01:13Vous savez le chiffre d'affaires de Coca-Cola dans le monde en 2025 ?
01:1647 milliards de dollars, ça répond à la question, non ?
01:19Alors vous en voulez un autre dans le même genre ?
01:21Autre argument d'autorité, début du XXe siècle, des médecins recommandaient le tabac.
01:27Le tabac qui avait des indications.
01:29On disait c'est bon contre l'asthme, ce qui est quand même formidable.
01:32L'asthme, le stress, l'envie, tout ça.
01:35Et en fait, les fake news de l'époque utilisaient des médecins dans les pubs.
01:39Et on avait les pubs de Lucky Strike qui disaient
01:42une population de plus de 20 000 médecins ont déclaré qu'ils préféraient les Lucky Strike
01:47parce qu'elles sont moins irritantes que les autres cigarettes.

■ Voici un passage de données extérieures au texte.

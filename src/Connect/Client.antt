-- ===== src/Connect/Client.antt =====
-- internal/connect/client.go and send.go: the shared state of the client, and what changes it. Each
-- critical section of `mu` is one step, and the steps of all goroutines interleave in any order.
-- `writeMu` is held from taking an id until the write returns; `writer` is what its holder is writing.
-- A connection is named by the generation that `setConn` gave it, and a subscription by its place in
-- `subs`. The transport decides whether a write succeeds, so that is part of the step. An id is an
-- int64 and a generation a uint64: the model ends where one would overflow.
pub mod Steps
pub mod Tidiness
pub mod Wire
pub mod Answers
pub mod Routes
pub mod Queue
pub mod Replay
pub mod Established
mod Tests
use go_ha.Prelude.{
  ℕ, zero, suc, ◌+◌, ◌-◌, ◌*◌, ◌/◌, ◌%◌, ◌^◌, ◌≤◌, ◌<◌, String, str_eq, eq_iff, eq_refl, ◌≡◌, refl,
  sym, ap, ◌∙◌, fun_ext, ◌≢◌, ◌↔◌, ◌⊎◌, inl, inr, Bool, true, false, not, ◌&&◌, ◌||◌, Option, none,
  some, List, [], ◌∷◌, ◌++◌, map, arith, ltb, leb, ◌==◌, if◌then◌else◌, Bool-cases, Option-cases,
  length, length-append, All, All-map, All-append, contains, is_empty, ltb→lt, ltb→le,
}
use go_ha.Prelude.{get_elem?, set}
use go_ha.Prelude.Table.{find, put, drop}
use go_ha.Connect.Message.{Message, MessageError, is_result}
use go_ha.Connect.Options.{Options, with_defaults}

-- Who gets the answer to a request: a caller of `Call`, by its number, or `logFailure`.
pub data Waiter : Type 0 where
  log_failure : Waiter
  caller : ℕ → Waiter

pub record Subscription : Type 0 where
  pub event_type : String
  pub handler : ℕ
  pub gen : ℕ

-- A request, or the one that establishes a subscription.
pub data Kind : Type 0 where
  request : Kind
  stream : ℕ → Kind

-- A message handed to a connection.
pub record Sent : Type 0 where
  pub conn : ℕ
  pub id : ℕ
  pub kind : Kind

-- An event that a worker took from the queue, and where the worker found it to go, once it has looked.
pub record Taken : Type 0 where
  pub msg : Message
  pub looked : Option (Option ℕ)

-- `Client`, with the history of what was written (newest first), of the answers given out (newest
-- first), of the events that arrived (oldest first) and of those that workers took (oldest first).
pub record Client : Type 0 where
  pub capacity : ℕ
  pub next_id : ℕ
  pub conn : Option ℕ
  pub pending : List (ℕ × Waiter)
  pub routes : List (ℕ × ℕ)
  pub subs : List Subscription
  pub gen : ℕ
  pub events : List Message
  pub dropped : ℕ
  pub writer : Option Sent
  pub wire : List Sent
  pub answers : List (ℕ × Waiter)
  pub arrived : List Message
  pub taken : List Taken

-- `newClientWithDialer`.
unfoldable pub new_client : Options → Client
new_client o = record {
  capacity = (with_defaults o).queue_size;
  next_id = 0;
  conn = none;
  pending = [];
  routes = [];
  subs = [];
  gen = 1;
  events = [];
  dropped = 0;
  writer = none;
  wire = [];
  answers = [];
  arrived = [];
  taken = [];
}

abbrev pub id_end : ℕ
id_end = 2 ^ 63

abbrev pub gen_end : ℕ
gen_end = 2 ^ 64

-- `dispatch` up to the write: the id is taken even when there is no connection.
pub begin_on : Option ℕ → Waiter → Client → Client
begin_on none who c = record c { next_id = c.next_id + 1 }
begin_on (some k) who c = record c {
  next_id = c.next_id + 1;
  pending = put (c.next_id + 1) who c.pending;
  writer = some (record { conn = k; id = c.next_id + 1; kind = request });
}

-- `writeMu` is free and an id is left.
abbrev pub may_write : Option Sent → ℕ → Bool
may_write none n = ltb (n + 1) id_end
may_write (some s) n = false

unfoldable pub dispatch : Waiter → Client → Option Client
unfolding begin_on
dispatch who c = if may_write c.writer c.next_id then some (begin_on c.conn who c) else none

-- The append of `Subscribe`.
unfoldable pub add_subscription : String → ℕ → Client → Client
add_subscription type handler c = record c {
  subs = c.subs ++ record { event_type = type; handler = handler; gen = 0 } ∷ [];
}

-- `establish` up to the write.
pub establish_on : Option ℕ → ℕ → Subscription → Client → Client
establish_on none i s c = c
establish_on (some k) i s c = if s.gen == c.gen then c else record c {
  next_id = c.next_id + 1;
  pending = put (c.next_id + 1) log_failure c.pending;
  routes = put (c.next_id + 1) i c.routes;
  subs = set c.subs i (record s { gen = c.gen });
  writer = some (record { conn = k; id = c.next_id + 1; kind = stream i });
}

pub establish_sub : Option Subscription → ℕ → Client → Option Client
unfolding establish_on
establish_sub none i c = none
establish_sub (some s) i c =
    if may_write c.writer c.next_id then some (establish_on c.conn i s c) else none

unfoldable pub establish : ℕ → Client → Option Client
unfolding establish_sub
establish i c = establish_sub (get_elem? c.subs i) i c

-- `s.gen = 0`.
abbrev pub forget : Option Subscription → ℕ → List Subscription → List Subscription
forget none i subs = subs
forget (some s) i subs = set subs i (record s { gen = 0 })

-- What a failed write undoes.
pub undo : Kind → ℕ → Client → Client
undo request id c = record c { pending = drop id c.pending; writer = none }
undo (stream i) id c = record c {
  pending = drop id c.pending;
  routes = drop id c.routes;
  subs = forget (get_elem? c.subs i) i c.subs;
  writer = none;
}

-- The write returns, with or without an error, and `writeMu` is released.
pub written : Bool → Option Sent → Client → Option Client
unfolding undo
written b none c = none
written true (some s) c = some (record c { writer = none; wire = s ∷ c.wire })
written false (some s) c = some (undo s.kind s.id c)

-- `setConn`, which the goroutine of `run` calls only after `teardown`.
pub set_conn : Option ℕ → Client → Option Client
set_conn none c =
    if ltb (c.gen + 1) gen_end
    then some (record c { conn = some (c.gen + 1); gen = c.gen + 1 })
    else none
set_conn (some k) c = none

-- `teardown`: what was pending is told that the connection was lost.
pub teardown : Option ℕ → Client → Option Client
teardown none c = none
teardown (some k) c =
    some (record c { conn = none; pending = []; routes = []; answers = c.pending ++ c.answers })

-- `deliverResult`.
pub deliver : Option Waiter → ℕ → Client → Client
deliver none id c = c
deliver (some who) id c = record c { pending = drop id c.pending; answers = (id, who) ∷ c.answers }

-- The event queue takes a message unless it is full.
abbrev pub offer : Message → Client → Client
offer m c =
    if ltb (length c.events) c.capacity
    then record c { events = c.events ++ m ∷ [] }
    else record c { dropped = c.dropped + 1 }

-- `route`; the hook `OnEvent` sees every event, in the order of arrival.
unfoldable pub route : Message → Client → Client
unfolding deliver
route m c =
    if is_result m
    then deliver (find m.id c.pending) m.id c
    else if not (str_eq m.type "event")
    then c
    else offer m (record c { arrived = c.arrived ++ m ∷ [] })

-- `route` is called while the connection is there.
abbrev pub receive : Option ℕ → Message → Client → Option Client
receive none m c = none
receive (some k) m c = some (route m c)

-- `worker` takes the oldest event.
pub take : List Message → Client → Option Client
take [] c = none
take (m ∷ rest) c =
    some (record c { events = rest; taken = c.taken ++ record { msg = m; looked = none } ∷ [] })

abbrev pub seek : Option (Option ℕ) → Taken → ℕ → Client → Option Client
seek none t j c =
    some (record c { taken = set c.taken j (record t { looked = some (find t.msg.id c.routes) }) })
seek (some r) t j c = none

-- `worker` looks up the subscription of an event that it took.
pub look_up : Option Taken → ℕ → Client → Option Client
look_up none j c = none
look_up (some t) j c = seek t.looked t j c

-- `cancelPending`.
unfoldable pub cancel_pending : ℕ → Client → Client
cancel_pending id c = record c { pending = drop id c.pending }

-- A write that succeeds at once.
abbrev pub settle : Option Sent → Client → Client
settle none c = c
settle (some s) c = record c { writer = none; wire = s ∷ c.wire }

abbrev pub settled : Option Client → Option Client
settled none = none
settled (some c) = some (settle c.writer c)

abbrev pub replay : ℕ → Option Client → Option Client
replay n none = none
replay n (some d) = settled (establish n d)

-- `resubscribe` on the first `n` subscriptions, where every write succeeds and no other goroutine
-- takes `writeMu` meanwhile.
unfoldable pub resubscribe : ℕ → Client → Option Client
unfolding establish
resubscribe zero c = some c
resubscribe (suc n) c = replay n (resubscribe n c)

-- Whatever may happen next.
pub data Action : Type 0 where
  sends : Waiter → Action
  subscribes : String → ℕ → Action
  establishes : ℕ → Action
  writes : Bool → Action
  connects tears : Action
  receives : Message → Action
  takes : Action
  looks : ℕ → Action
  cancels : ℕ → Action

unfoldable pub step : Client → Action → Option Client
unfolding dispatch add_subscription establish written set_conn teardown route take look_up
    cancel_pending
step c (sends who) = dispatch who c
step c (subscribes type handler) = some (add_subscription type handler c)
step c (establishes i) = establish i c
step c (writes b) = written b c.writer c
step c connects = set_conn c.conn c
step c tears = teardown c.conn c
step c (receives m) = receive c.conn m c
step c takes = take c.events c
step c (looks j) = look_up (get_elem? c.taken j) j c
step c (cancels id) = some (cancel_pending id c)

pub data Reach (o : Options) : Client → Type 0 where
  start : Reach o (new_client o)
  later : {c d : Client} (a : Action) → Reach o c → step c a ≡ some d → Reach o d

01:49Ils n'ont jamais interviewé un médecin, quoi.
01:51Et Kamel, aux années 50, qui disait
01:53« Ma marque est plus sûre, c'est la cigarette préférée des médecins. »
01:57Et jamais un médecin n'avait donné son aval à cette connerie.
01:59Mais c'était quand même formidable.
02:00Donc c'était l'argument d'autorité.
02:01On balançait ça.
02:03Donc autre question, quelle est la taille du marché mondial des produits du tabac ?
02:071 000 milliards de dollars en 2025.
02:09Peut-être que ceci explique cela.
02:11Il y a aussi le vin à la cantine.
02:13Ah, le vin à la cantine, formidable.
02:15Je ne sais pas si vous vous souvenez qu'il a quand même fallu attendre
02:181956 pour que ça soit interdit chez les moins de 14 ans
02:20et 1980 pour que ça soit interdit aux collèges et aux lycées.
02:24Tu as 14 ans.
02:26Vin, cidre, enfin tout un tas de trucs, la bière et tout ça.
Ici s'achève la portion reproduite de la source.